Die niederländische International Insurance Corporation (IIC), zu der die beiden Internetversicherer gehören, war in Schieflage geraten und Ende Juni vom Landgericht Amsterdam unter Notverwaltung gestellt worden. Die Notverwalter wollten einen neuen Versicherer finden, der die Verträge übernimmt. Dies scheiterte vermutlich daran, dass das Gesamtportfolio aus niederländischen, deutschen, französischen und spanischen Verträgen besteht, so die BaFin.

Nach Angaben des ADAC in München dürfen insolvente Versicherer nicht mehr direkt mit Reparaturwerkstätten abrechnen. Stattdessen müssten Versicherte erst einmal in Vorleistung treten und dann die Quittung bei der Versicherung einreichen. Ist der Versicherer zahlungsunfähig, seien die Chancen schlecht, das Geld wiederzubekommen. «Wir raten den Versicherten dringend, ihr Sonderkündigungsrecht wahrzunehmen», sagte ADAC-Sprecher Maximilian Maurer. Damit lasse sich der Vertrag sofort beenden. Die Kündigung muss schriftlich erfolgen.

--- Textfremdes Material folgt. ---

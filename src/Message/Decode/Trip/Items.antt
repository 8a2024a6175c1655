-- ===== src/Message/Decode/Trip/Items.antt =====
-- The value of a field, by its LTYPE, where submessages are taken.
use ios_college_work.Common.{
  ℕ, ◌+◌, ◌≤◌, ◌≡◌, ◌≢◌, refl, ap, ◌∙◌, inl, inr, true, leb, Option, List, ◌++◌, length, arith,
  le→leb,
}
use native.Mathlib.Decide.{dec_le}
use ios_college_work.Stream.Errors.{Error}
use ios_college_work.Stream.Writes.{Writes}
use ios_college_work.Wire.Varint.{varint}
use ios_college_work.Message.Memory.{Mem, bytes_at}
use ios_college_work.Message.Field.{
  Field, pb_ltype, pb_htype, ltype_last_packable, ltype_bytes, ltype_submessage, htype_repeated,
}
use ios_college_work.Message.Iter.{FieldIter}
use ios_college_work.Message.Encode.Env.{Env, Submessage}
use ios_college_work.Message.Encode.Items.{string_size, pb_encoder}
use ios_college_work.Message.Encode.Contract.Items.{IsMem}
use ios_college_work.Message.Decode.Env.{DecodeEnv, Nested}
use ios_college_work.Message.Decode.Nest.{pb_decoder}
use ios_college_work.Message.Decode.Bytes.{array_size_at, array_at, array_bytes}
use ios_college_work.Message.Decode.Trip.Takes.{
  Agree, Local, Took, Takes, load-Agree, bytes_at-Agree,
}
use ios_college_work.Message.Decode.Trip.Numbers.{number_bytes, number-Takes, number-Writes}
use ios_college_work.Message.Decode.Trip.Arrays.{
  array-Takes, array-Writes, fixed_length-Takes, fixed_length-Writes,
}
use ios_college_work.Message.Decode.Trip.Strings.{
  string_at, string_size-Agree, string-Takes, string_field-Writes,
}
use ios_college_work.Message.Decode.Trip.Nested.{submessage-Takes, submessage_field-Writes}
use ios_college_work.Message.Decode.Trip.Plan.{item_bytes, SameItem, FieldTrip}

-- An encoder and a decoder of submessages: the one writes `bytes`, which the other takes to a structure with
-- the same fields.
pub record NestedTrip (Good : List Field → (src dest top : ℕ) → Type 0)
    (bytes : List Field → ℕ → List ℕ) (Ready : List Field → ℕ → Mem → Type 0)
    (Same : List Field → (src dest : ℕ) → Mem → Type 0) (sub : Submessage) (noinit : Nested)
    : Type 0 where
  pub writes :
      (fields : List Field) (src dest top : ℕ)
      → Good fields src dest top
      → Writes (sub fields src) (bytes fields src)
  pub takes :
      (fields : List Field) (src dest top : ℕ)
      → Good fields src dest top
      → (m : Mem) → Ready fields dest m
      → (rest : List ℕ) (e : Option Error)
      → Took (noinit fields dest) (bytes fields src) dest top (Same fields src dest) m rest 0 e
  pub ready :
      (fields : List Field) (src dest top : ℕ)
      → Good fields src dest top
      → Local dest top (Ready fields dest)
  pub same :
      (fields : List Field) (src dest top : ℕ)
      → Good fields src dest top
      → Local dest top (Same fields src dest)

module _ {m : Mem} (mem : IsMem m) (env : Env) (denv : DecodeEnv)
    (tables : (p : ℕ) → denv.table p ≡ env.table p)
    (Good : List Field → (src dest top : ℕ) → Type 0) (bytes : List Field → ℕ → List ℕ)
    (Ready : List Field → ℕ → Mem → Type 0) (Same : List Field → (src dest : ℕ) → Mem → Type 0)
    (sub : Submessage) (noinit : Nested) (nested : NestedTrip Good bytes Ready Same sub noinit)
    (field : Field) (src : ℕ) (iter : FieldIter)
    (f : FieldTrip Good bytes env.table m field src iter) where
  abbrev pub ItemReady : Mem → Type 0
  ItemReady m' = pb_ltype field.type ≡ ltype_submessage → Ready (env.table field.ptr) iter.p_data m'

  once : pb_htype field.type ≢ htype_repeated
  once e = elim f.singular [
    | inl r ↦ absurd (omega (arith, e, r))
    | inr o ↦ absurd (omega (arith, e, o.0))
  ]

  pub item-Writes : Writes (pb_encoder env sub m field src) (item_bytes bytes env.table m field src)
  item-Writes = elim f.known [
    | inl small ↦ elim (dec_le (pb_ltype field.type) ltype_last_packable) [
      | yes h ↦
          let t : leb (pb_ltype field.type) ltype_last_packable ≡ true = le→leb _ _ h in
          rw t (number-Writes mem field src env sub (f.number h))
      | no h ↦
          let e : pb_ltype field.type ≡ ltype_bytes = omega (arith, h, small) in
          rw e (array-Writes mem field src 0 env sub e f.there (f.array e))
    ]
    | inr (inl e) ↦
        let (holds, small) = f.string e in
        rw e (string_field-Writes m field src 0 env sub e f.static f.there holds small)
    | inr (inr (inl e)) ↦
        let (there, short, good) = f.submessage e in
        rw e (
          submessage_field-Writes m field src env sub (bytes (env.table field.ptr) src) e there (
            nested.writes (env.table field.ptr) src iter.p_data (iter.p_data + field.data_size)
              good))
    | inr (inr (inr e)) ↦ rw e (fixed_length-Writes mem field src 0 env sub e (f.fixed e))
  ]

  -- A contract for one kind of value says all that `SameItem` asks of it.
  kind-Takes :
      (depth : ℕ) (bs : List ℕ) {P R : Mem → Type 0}
      → item_bytes bytes env.table m field src ≡ bs
      → ((m' : Mem) → ItemReady m' → R m')
      → ((m' : Mem) → P m' → SameItem Same env.table m field src iter.p_data m')
      → Takes
          (pb_decoder depth denv noinit field iter.p_data)
          bs
          iter.p_data
          (iter.p_data + field.data_size)
          R
          P
      → Takes
          (pb_decoder depth denv noinit field iter.p_data)
          (item_bytes bytes env.table m field src)
          iter.p_data
          (iter.p_data + field.data_size)
          ItemReady
          (SameItem Same env.table m field src iter.p_data)
  kind-Takes depth bs same_bytes need all takes = rw same_bytes (λ m' ready rest n e.
      let t = takes m' (need m' ready) rest n e in
      record { after = t.after; runs = t.runs; kept = t.kept; same = all t.after t.same })

  pub item-Takes :
      (depth : ℕ)
      → Takes
          (pb_decoder depth denv noinit field iter.p_data)
          (item_bytes bytes env.table m field src)
          iter.p_data
          (iter.p_data + field.data_size)
          ItemReady
          (SameItem Same env.table m field src iter.p_data)
  item-Takes depth = elim f.known [
    | inl small ↦ elim (dec_le (pb_ltype field.type) ltype_last_packable) [
      | yes h ↦
          kind-Takes depth (number_bytes m field src)
            (let t : leb (pb_ltype field.type) ltype_last_packable ≡ true = le→leb _ _ h in
              rw t refl)
            (λ _ _. tt)
            (λ m' same. (
              (λ _. same),
              (λ e. absurd (omega (arith, e, h))),
              (λ e. absurd (omega (arith, e, h))),
              (λ e. absurd (omega (arith, e, h))),
              (λ e. absurd (omega (arith, e, h))),
            ))
            (number-Takes mem field src iter.p_data depth denv noinit (f.number h))
      | no h ↦
          let e : pb_ltype field.type ≡ ltype_bytes = omega (arith, h, small) in
          kind-Takes depth (array_bytes m src) (rw e refl) (λ _ _. tt)
            (λ m' same. (
              (λ le. absurd (omega (arith, e, le))),
              (λ _. same),
              (λ other. absurd (omega (arith, e, other))),
              (λ other. absurd (omega (arith, e, other))),
              (λ other. absurd (omega (arith, e, other))),
            ))
            (array-Takes mem field src iter.p_data depth denv noinit e f.static (f.array e))
    ]
    | inr (inl e) ↦
        let (holds, small) = f.string e in
        kind-Takes depth
          (varint (string_size m field.data_size src) ++ string_at m field.data_size src)
          (rw e refl) (λ _ _. tt)
          (λ m' same. (
            (λ le. absurd (omega (arith, e, le))),
            (λ other. absurd (omega (arith, e, other))),
            (λ other. absurd (omega (arith, e, other))),
            (λ _. same),
            (λ other. absurd (omega (arith, e, other))),
          ))
          (string-Takes m field src iter.p_data depth denv noinit e f.static holds small)
    | inr (inr (inl e)) ↦
        let (there, short, good) = f.submessage e in
        kind-Takes depth
          (varint (length (bytes (env.table field.ptr) src)) ++ bytes (env.table field.ptr) src)
          (rw e refl) (λ _ ready. ready e)
          (λ m' same. (
            (λ le. absurd (omega (arith, e, le))),
            (λ other. absurd (omega (arith, e, other))),
            (λ other. absurd (omega (arith, e, other))),
            (λ other. absurd (omega (arith, e, other))),
            (λ _. same),
          ))
          (submessage-Takes depth denv noinit field iter.p_data (bytes (env.table field.ptr) src) e
            there once short
            (λ m' ready rest e'. rw (tables field.ptr) (
              nested.takes (env.table field.ptr) src iter.p_data (iter.p_data + field.data_size)
                good m' ready rest e')))
    | inr (inr (inr e)) ↦
        kind-Takes depth (varint field.data_size ++ bytes_at m src field.data_size) (rw e refl)
          (λ _ _. tt)
          (λ m' same. (
            (λ le. absurd (omega (arith, e, le))),
            (λ other. absurd (omega (arith, e, other))),
            (λ _. same),
            (λ other. absurd (omega (arith, e, other))),
            (λ other. absurd (omega (arith, e, other))),
          ))
          (fixed_length-Takes mem field src iter.p_data depth denv noinit e (f.fixed e))
  ]

  pub ItemReady-Local : Local iter.p_data (iter.p_data + field.data_size) ItemReady
  ItemReady-Local m1 m2 agree ready = λ e.
      nested.ready (env.table field.ptr) src iter.p_data (iter.p_data + field.data_size)
        (f.submessage e).2 m1 m2 agree (ready e)

  array-Local :
      (m1 m2 : Mem)
      → Agree iter.p_data (iter.p_data + field.data_size) m1 m2
      → array_size_at m src + 4 ≤ field.data_size
      → (array_size_at m1 iter.p_data ≡ array_size_at m src)
        × (array_at m1 iter.p_data ≡ array_at m src)
      → (array_size_at m2 iter.p_data ≡ array_size_at m src)
        × (array_at m2 iter.p_data ≡ array_at m src)
  array-Local m1 m2 agree holds (size, bs) =
      let size' : array_size_at m2 iter.p_data ≡ array_size_at m1 iter.p_data =
        load-Agree m1 m2 iter.p_data 4 (λ q le lt. agree q le (omega (arith, lt, holds))) in
      (
        size' ∙ size,
        ap (λ (k : ℕ). bytes_at m2 (iter.p_data + 4) k) size'
            ∙ bytes_at-Agree m1 m2 (iter.p_data + 4) (array_size_at m1 iter.p_data)
                (λ q le lt. agree q (omega (arith, le)) (omega (arith, lt, size, holds)))
            ∙ bs,
      )

  pub SameItem-Local :
      Local iter.p_data
        (iter.p_data + field.data_size)
        (SameItem Same env.table m field src iter.p_data)
  SameItem-Local m1 m2 agree (number, array, fixed, string, submessage) = (
    (λ h. load-Agree m1 m2 iter.p_data field.data_size agree ∙ number h),
    (λ e. array-Local m1 m2 agree (f.array e) (array e)),
    (λ e. bytes_at-Agree m1 m2 iter.p_data field.data_size agree ∙ fixed e),
    (λ e.
        let sizes = string_size-Agree m1 m2 field.data_size iter.p_data agree in
        let holds = f.string e in
        (
          sizes ∙ (string e).0,
          ap (λ (k : ℕ). bytes_at m2 iter.p_data k) sizes
              ∙ bytes_at-Agree m1 m2 iter.p_data (string_size m1 field.data_size iter.p_data)
                  (λ q le lt. agree q le (omega (arith, lt, (string e).0, holds)))
              ∙ (string e).1,
        )),
    (λ e.
        nested.same (env.table field.ptr) src iter.p_data (iter.p_data + field.data_size)
          (f.submessage e).2 m1 m2 agree (submessage e)),
  )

Wer jetzt zu einer neuen Autoversicherung wechselt, muss der Kfz-Zulassungsstelle umgehend die elektronische Bestätigungsnummer des neuen Anbieters mitteilen. Ansonsten drohen bei einem Schaden Leistungsbeschränkungen. Das neue Vertragsverhältnis beginnt auch erst mit der ersten Prämienzahlung. Viele Versicherer in Deutschland seien laut Rudnik aber schon auf die neuen Kunden vorbereitet. (dpa/dwd)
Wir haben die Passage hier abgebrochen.